** WHAT YOU ARE ASKED TO DO **
Where the material below has a line containing "unfolding started run", start repeating exactly, and keep going through the line containing "started-run p (stopped", with no other lines.
::::
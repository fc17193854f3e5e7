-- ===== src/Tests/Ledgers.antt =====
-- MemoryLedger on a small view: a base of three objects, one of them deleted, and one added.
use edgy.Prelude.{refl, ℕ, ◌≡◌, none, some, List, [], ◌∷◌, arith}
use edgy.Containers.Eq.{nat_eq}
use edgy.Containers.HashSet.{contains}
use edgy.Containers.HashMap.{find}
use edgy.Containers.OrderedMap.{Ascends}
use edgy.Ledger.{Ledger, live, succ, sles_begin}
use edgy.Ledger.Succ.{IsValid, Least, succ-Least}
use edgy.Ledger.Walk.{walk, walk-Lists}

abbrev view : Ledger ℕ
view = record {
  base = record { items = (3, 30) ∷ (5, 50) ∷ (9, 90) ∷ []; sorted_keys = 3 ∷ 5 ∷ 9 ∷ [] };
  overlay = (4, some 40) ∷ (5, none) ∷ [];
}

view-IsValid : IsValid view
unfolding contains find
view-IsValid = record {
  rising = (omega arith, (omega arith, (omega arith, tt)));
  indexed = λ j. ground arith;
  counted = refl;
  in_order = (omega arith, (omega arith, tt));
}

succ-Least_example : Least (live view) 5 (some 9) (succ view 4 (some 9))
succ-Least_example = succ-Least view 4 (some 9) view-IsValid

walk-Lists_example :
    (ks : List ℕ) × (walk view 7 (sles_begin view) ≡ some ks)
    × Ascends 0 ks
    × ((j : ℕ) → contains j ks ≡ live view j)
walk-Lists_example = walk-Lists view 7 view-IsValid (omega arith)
::::
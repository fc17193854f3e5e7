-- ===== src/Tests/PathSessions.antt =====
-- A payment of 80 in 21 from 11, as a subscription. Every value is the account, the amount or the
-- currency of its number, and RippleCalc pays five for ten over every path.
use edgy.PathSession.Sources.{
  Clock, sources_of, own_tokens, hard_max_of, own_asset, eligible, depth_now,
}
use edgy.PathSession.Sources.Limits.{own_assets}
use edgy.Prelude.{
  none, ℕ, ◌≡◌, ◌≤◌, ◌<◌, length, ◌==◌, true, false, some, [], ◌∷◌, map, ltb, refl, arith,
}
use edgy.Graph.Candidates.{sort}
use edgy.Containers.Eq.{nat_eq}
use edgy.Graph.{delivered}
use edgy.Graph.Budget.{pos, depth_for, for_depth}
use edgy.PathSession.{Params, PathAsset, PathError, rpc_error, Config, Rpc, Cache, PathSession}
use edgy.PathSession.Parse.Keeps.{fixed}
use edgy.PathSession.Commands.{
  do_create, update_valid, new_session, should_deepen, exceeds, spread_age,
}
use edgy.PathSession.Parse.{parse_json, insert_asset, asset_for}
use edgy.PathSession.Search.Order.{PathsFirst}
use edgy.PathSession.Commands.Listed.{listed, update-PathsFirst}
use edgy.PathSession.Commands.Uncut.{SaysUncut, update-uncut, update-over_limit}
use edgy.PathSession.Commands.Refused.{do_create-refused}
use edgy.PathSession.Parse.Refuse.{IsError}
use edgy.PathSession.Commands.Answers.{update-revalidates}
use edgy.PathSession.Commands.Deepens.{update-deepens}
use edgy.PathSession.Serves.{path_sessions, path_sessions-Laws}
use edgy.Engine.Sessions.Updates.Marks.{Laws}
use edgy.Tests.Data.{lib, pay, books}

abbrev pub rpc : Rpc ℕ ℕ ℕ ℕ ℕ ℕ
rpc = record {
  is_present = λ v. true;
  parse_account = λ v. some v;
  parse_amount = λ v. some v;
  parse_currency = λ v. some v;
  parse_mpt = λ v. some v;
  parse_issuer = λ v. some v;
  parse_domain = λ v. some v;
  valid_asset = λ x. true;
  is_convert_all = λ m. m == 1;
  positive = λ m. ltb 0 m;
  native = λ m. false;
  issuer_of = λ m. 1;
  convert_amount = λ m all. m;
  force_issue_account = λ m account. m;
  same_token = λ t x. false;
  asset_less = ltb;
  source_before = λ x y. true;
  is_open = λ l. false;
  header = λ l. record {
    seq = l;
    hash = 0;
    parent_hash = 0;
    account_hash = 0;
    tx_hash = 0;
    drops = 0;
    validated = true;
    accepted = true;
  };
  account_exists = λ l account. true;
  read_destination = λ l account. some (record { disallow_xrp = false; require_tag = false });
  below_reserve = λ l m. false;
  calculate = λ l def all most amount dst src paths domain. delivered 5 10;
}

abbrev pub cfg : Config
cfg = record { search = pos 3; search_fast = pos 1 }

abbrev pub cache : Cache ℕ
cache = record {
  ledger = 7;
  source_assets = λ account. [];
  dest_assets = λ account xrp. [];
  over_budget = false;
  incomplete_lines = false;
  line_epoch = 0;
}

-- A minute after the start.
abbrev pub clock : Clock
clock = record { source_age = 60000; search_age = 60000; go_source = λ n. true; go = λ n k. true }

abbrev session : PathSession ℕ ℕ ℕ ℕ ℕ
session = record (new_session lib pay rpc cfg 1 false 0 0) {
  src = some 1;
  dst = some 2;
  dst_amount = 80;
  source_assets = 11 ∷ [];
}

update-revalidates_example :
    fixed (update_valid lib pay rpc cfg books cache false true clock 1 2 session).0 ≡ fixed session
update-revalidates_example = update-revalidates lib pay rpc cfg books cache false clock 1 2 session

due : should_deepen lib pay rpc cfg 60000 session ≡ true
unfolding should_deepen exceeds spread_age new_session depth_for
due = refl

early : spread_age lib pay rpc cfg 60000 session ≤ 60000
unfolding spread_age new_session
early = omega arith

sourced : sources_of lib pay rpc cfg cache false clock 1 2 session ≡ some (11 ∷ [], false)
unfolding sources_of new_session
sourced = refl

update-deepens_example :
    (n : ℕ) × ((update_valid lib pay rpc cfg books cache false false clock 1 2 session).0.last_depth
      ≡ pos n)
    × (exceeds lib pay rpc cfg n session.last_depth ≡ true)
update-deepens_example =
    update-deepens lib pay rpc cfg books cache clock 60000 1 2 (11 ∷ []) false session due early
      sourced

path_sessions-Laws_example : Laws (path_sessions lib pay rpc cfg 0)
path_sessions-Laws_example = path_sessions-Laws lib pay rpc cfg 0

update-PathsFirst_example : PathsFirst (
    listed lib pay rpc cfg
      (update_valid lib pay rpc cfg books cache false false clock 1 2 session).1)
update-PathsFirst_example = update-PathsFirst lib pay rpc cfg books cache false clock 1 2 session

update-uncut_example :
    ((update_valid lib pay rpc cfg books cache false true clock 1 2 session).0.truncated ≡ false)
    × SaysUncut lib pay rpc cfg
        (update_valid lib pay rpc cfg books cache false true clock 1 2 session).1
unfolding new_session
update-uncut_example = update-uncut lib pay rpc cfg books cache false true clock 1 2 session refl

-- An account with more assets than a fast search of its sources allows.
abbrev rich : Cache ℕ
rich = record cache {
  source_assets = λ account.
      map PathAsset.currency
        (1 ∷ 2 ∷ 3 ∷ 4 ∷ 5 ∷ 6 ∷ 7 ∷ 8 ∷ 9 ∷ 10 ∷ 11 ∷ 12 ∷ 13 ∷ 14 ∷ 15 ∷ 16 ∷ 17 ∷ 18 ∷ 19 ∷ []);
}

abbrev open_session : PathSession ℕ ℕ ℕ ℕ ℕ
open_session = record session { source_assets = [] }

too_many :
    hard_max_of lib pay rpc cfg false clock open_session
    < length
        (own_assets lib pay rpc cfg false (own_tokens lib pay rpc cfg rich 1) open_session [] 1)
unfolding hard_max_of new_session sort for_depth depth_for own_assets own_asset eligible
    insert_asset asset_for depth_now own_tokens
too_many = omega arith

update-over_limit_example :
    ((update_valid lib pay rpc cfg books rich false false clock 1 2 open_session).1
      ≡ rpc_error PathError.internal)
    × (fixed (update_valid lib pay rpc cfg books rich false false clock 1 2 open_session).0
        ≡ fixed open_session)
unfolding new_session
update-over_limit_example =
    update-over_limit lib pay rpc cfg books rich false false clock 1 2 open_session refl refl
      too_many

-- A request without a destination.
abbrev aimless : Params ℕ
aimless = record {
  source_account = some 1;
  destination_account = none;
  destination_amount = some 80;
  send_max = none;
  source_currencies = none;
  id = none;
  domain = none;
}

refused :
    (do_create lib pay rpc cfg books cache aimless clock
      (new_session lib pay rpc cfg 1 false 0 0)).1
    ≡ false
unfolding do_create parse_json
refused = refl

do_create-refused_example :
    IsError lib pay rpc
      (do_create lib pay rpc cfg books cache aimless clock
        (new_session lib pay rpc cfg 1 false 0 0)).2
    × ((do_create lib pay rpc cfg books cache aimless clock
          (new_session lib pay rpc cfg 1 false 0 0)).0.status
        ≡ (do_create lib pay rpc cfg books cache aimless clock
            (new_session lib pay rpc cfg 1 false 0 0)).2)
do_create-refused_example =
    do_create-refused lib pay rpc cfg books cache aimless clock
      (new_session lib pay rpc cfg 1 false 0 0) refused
::::
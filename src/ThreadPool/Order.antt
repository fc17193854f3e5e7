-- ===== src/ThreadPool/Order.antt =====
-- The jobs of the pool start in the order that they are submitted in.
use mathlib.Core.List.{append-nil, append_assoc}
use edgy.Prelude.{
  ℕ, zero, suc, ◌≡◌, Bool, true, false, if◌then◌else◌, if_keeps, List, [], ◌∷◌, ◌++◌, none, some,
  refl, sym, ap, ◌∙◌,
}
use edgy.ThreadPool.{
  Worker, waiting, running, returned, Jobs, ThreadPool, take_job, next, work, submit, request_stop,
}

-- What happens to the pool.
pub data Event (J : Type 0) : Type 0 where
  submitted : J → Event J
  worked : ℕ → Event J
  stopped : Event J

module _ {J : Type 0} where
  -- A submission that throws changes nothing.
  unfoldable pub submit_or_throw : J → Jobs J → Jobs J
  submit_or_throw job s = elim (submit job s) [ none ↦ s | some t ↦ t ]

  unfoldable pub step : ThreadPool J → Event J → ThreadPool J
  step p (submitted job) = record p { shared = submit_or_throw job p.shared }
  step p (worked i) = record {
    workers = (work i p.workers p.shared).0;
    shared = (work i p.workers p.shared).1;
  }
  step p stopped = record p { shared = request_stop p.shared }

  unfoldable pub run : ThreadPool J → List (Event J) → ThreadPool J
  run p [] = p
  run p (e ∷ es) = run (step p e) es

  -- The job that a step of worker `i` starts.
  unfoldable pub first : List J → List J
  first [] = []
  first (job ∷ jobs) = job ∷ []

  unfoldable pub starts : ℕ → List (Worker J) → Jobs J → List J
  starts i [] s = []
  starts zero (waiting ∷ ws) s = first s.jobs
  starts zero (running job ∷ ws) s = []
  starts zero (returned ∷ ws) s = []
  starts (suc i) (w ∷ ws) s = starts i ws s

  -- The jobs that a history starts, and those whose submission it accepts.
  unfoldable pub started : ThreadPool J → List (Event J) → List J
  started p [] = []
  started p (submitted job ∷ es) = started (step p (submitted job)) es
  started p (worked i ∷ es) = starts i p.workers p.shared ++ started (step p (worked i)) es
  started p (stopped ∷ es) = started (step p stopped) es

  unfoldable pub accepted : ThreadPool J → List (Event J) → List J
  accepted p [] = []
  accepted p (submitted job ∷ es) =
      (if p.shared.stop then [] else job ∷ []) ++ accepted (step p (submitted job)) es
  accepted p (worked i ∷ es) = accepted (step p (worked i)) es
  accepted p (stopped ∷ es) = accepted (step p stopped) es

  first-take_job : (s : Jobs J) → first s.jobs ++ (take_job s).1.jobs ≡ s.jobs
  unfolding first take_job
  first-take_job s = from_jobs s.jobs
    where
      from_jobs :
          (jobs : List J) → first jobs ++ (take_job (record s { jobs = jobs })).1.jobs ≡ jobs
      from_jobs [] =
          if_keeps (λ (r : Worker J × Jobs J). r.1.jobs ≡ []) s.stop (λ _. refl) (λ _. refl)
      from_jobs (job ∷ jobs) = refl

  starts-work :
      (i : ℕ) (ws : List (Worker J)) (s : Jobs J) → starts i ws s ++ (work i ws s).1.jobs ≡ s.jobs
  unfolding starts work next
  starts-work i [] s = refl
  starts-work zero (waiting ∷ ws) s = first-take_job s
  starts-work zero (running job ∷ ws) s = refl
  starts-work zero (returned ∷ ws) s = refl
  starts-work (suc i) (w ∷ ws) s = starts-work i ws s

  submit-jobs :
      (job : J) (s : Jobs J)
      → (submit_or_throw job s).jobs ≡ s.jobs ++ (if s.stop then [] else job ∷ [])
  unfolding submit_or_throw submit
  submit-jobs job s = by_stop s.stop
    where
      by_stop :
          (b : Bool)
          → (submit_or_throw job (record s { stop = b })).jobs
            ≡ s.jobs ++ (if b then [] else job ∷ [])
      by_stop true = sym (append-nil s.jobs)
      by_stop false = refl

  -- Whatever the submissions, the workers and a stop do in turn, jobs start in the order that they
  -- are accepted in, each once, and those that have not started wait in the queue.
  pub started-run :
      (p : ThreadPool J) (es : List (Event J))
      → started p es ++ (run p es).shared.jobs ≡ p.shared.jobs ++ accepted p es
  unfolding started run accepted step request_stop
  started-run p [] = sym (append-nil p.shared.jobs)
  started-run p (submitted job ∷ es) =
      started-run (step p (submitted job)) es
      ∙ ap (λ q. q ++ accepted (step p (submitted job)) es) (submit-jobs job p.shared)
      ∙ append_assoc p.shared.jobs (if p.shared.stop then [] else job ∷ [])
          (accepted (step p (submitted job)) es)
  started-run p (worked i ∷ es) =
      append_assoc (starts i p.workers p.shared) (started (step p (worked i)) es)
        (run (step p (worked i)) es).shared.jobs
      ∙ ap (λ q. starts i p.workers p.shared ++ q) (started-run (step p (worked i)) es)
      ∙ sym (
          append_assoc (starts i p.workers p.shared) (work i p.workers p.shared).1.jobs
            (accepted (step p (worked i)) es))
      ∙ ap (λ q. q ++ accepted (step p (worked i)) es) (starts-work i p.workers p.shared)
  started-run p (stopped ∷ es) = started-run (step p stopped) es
::::
** ANSWER TO THIS TASK **
  unfolding started run accepted step request_stop
  started-run p [] = sym (append-nil p.shared.jobs)
  started-run p (submitted job ∷ es) =
      started-run (step p (submitted job)) es
      ∙ ap (λ q. q ++ accepted (step p (submitted job)) es) (submit-jobs job p.shared)
      ∙ append_assoc p.shared.jobs (if p.shared.stop then [] else job ∷ [])
          (accepted (step p (submitted job)) es)
  started-run p (worked i ∷ es) =
      append_assoc (starts i p.workers p.shared) (started (step p (worked i)) es)
        (run (step p (worked i)) es).shared.jobs
      ∙ ap (λ q. starts i p.workers p.shared ++ q) (started-run (step p (worked i)) es)
      ∙ sym (
          append_assoc (starts i p.workers p.shared) (work i p.workers p.shared).1.jobs
            (accepted (step p (worked i)) es))
      ∙ ap (λ q. q ++ accepted (step p (worked i)) es) (starts-work i p.workers p.shared)
  started-run p (stopped ∷ es) = started-run (step p stopped) es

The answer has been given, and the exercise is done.